Saved data entries:

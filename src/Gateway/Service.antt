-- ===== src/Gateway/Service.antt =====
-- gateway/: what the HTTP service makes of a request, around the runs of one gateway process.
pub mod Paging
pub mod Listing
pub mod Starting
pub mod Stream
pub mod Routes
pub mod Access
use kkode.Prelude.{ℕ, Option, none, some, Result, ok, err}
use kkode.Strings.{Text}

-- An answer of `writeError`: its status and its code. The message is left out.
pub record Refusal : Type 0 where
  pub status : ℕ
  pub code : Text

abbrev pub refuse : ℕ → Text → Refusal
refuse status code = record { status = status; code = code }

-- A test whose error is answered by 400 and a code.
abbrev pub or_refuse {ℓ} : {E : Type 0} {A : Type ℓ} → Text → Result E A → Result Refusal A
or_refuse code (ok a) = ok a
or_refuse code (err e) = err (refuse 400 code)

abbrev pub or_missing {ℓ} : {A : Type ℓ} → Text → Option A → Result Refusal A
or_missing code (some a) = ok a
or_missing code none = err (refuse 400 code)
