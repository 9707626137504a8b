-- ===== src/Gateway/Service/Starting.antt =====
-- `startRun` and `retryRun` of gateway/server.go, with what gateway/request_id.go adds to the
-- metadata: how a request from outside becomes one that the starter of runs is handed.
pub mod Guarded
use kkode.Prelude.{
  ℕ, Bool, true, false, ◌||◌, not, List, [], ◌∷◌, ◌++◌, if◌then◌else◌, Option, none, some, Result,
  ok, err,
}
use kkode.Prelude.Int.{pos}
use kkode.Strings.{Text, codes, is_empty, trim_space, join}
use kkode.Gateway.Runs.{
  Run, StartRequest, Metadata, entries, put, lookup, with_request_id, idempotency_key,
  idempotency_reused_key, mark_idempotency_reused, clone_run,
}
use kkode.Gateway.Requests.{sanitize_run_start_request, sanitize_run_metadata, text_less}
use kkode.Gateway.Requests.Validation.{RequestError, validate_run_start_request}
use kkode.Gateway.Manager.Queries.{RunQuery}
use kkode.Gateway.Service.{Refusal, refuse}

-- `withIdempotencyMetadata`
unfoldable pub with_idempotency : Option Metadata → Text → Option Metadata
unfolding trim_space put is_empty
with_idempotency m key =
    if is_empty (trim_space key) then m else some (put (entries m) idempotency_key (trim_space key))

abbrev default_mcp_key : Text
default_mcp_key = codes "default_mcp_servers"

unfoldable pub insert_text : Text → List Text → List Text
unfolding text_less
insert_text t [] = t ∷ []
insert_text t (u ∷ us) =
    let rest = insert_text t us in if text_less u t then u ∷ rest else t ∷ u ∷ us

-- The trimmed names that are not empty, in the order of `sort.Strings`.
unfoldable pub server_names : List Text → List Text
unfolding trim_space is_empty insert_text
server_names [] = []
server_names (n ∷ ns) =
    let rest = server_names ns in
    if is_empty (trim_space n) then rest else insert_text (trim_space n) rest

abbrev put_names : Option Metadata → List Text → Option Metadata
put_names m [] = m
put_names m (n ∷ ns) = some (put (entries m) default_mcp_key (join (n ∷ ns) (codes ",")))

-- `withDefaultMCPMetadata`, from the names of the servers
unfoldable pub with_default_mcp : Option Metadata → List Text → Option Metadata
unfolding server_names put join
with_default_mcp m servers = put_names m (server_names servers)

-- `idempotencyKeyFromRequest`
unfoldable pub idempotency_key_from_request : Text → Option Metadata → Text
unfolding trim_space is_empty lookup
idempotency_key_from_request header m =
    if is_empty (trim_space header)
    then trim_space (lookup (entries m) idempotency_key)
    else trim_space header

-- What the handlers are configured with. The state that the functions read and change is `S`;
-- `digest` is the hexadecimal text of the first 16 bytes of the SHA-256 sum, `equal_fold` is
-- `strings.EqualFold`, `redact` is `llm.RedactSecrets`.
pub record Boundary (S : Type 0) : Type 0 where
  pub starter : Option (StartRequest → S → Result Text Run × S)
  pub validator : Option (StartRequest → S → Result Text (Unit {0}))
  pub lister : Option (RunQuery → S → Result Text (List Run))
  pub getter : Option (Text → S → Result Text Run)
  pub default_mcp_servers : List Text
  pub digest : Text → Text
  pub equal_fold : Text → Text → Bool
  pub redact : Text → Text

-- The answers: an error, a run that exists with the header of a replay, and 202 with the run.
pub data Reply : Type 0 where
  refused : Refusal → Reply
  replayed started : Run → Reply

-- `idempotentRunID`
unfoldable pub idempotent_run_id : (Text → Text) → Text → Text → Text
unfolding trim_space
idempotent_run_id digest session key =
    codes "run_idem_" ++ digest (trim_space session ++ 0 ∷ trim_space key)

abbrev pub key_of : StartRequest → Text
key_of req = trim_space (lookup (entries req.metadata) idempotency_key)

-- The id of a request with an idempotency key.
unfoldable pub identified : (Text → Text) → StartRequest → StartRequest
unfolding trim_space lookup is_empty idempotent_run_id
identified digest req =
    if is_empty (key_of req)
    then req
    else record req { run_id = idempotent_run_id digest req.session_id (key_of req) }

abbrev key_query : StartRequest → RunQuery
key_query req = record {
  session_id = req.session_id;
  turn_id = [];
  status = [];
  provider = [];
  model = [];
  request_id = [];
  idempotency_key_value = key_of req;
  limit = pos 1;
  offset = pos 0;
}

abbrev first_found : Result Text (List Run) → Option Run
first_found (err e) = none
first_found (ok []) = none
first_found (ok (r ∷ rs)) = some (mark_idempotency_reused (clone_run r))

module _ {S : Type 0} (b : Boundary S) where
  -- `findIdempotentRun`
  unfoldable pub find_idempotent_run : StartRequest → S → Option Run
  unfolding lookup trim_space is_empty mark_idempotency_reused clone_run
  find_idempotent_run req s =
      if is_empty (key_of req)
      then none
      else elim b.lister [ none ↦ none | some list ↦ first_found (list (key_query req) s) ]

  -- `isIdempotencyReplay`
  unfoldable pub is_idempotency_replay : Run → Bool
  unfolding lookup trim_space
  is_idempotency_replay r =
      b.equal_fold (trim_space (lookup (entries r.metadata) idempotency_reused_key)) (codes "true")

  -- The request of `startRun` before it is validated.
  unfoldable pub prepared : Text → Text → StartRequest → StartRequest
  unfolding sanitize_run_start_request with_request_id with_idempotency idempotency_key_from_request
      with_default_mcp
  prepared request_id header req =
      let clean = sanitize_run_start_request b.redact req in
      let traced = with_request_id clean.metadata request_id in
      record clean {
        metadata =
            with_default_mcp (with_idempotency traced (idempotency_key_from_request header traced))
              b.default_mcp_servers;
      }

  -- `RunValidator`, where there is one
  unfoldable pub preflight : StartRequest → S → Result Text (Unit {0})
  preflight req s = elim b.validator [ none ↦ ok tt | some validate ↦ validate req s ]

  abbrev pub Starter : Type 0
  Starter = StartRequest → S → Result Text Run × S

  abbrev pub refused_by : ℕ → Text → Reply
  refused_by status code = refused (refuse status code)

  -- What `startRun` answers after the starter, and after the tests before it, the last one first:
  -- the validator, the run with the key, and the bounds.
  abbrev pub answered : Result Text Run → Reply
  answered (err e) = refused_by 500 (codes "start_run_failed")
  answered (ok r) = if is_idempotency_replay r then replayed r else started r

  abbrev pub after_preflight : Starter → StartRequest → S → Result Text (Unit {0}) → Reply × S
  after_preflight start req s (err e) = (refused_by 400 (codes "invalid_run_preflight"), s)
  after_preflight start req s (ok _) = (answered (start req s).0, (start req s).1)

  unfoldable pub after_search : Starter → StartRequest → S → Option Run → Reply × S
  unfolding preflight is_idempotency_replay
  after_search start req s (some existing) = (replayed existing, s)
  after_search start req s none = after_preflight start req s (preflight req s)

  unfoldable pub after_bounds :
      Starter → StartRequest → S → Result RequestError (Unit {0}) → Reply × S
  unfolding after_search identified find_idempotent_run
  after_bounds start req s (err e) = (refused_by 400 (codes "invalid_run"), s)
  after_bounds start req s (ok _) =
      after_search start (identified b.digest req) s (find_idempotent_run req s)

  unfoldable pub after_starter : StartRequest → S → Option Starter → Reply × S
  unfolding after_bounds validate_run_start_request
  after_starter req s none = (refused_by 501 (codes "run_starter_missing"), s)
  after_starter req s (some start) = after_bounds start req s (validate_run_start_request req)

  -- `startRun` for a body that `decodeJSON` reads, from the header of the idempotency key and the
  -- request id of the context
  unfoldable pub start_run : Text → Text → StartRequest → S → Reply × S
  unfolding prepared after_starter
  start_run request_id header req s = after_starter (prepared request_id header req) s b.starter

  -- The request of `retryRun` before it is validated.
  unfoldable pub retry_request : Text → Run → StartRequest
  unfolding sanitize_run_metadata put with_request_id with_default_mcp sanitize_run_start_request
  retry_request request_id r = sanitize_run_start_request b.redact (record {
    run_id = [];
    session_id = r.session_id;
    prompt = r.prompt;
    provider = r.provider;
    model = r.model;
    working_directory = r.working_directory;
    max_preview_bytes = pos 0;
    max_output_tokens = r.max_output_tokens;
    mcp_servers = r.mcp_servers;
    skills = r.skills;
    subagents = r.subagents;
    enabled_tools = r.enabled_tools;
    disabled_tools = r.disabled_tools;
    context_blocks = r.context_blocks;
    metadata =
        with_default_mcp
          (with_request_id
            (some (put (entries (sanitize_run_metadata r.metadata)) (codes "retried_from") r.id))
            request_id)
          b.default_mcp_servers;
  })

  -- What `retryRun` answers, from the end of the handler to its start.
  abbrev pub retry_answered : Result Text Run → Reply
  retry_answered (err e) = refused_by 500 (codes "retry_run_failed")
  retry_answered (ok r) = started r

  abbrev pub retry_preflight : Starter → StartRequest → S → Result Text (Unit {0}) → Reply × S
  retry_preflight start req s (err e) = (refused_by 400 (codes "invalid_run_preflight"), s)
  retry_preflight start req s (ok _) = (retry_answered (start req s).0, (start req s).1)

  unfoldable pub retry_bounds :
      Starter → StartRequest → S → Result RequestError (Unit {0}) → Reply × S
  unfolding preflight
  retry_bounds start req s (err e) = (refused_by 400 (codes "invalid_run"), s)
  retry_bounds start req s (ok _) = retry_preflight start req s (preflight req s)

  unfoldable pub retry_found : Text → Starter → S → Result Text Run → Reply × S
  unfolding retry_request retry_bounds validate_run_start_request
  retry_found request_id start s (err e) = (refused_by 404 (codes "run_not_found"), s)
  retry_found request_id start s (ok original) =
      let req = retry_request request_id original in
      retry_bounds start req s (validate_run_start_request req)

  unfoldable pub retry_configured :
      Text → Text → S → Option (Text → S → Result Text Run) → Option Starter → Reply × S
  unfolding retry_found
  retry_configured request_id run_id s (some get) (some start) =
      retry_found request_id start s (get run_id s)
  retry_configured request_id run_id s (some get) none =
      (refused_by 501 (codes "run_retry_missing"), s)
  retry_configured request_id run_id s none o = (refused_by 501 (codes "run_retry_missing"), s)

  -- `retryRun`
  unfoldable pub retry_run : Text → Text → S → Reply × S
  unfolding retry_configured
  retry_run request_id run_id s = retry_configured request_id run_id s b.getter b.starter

Work instruction: Each line from the top of the data, up to and including the line that contains "pub status : ℕ", should be set down exactly.

Solution to this problem:
filename src/Gateway/Service.antt
-- ===== src/Gateway/Service.antt =====
-- gateway/: what the HTTP service makes of a request, around the runs of one gateway process.
pub mod Paging
pub mod Listing
pub mod Starting
pub mod Stream
pub mod Routes
pub mod Access
use kkode.Prelude.{ℕ, Option, none, some, Result, ok, err}
use kkode.Strings.{Text}

-- An answer of `writeError`: its status and its code. The message is left out.
pub record Refusal : Type 0 where
  pub status : ℕ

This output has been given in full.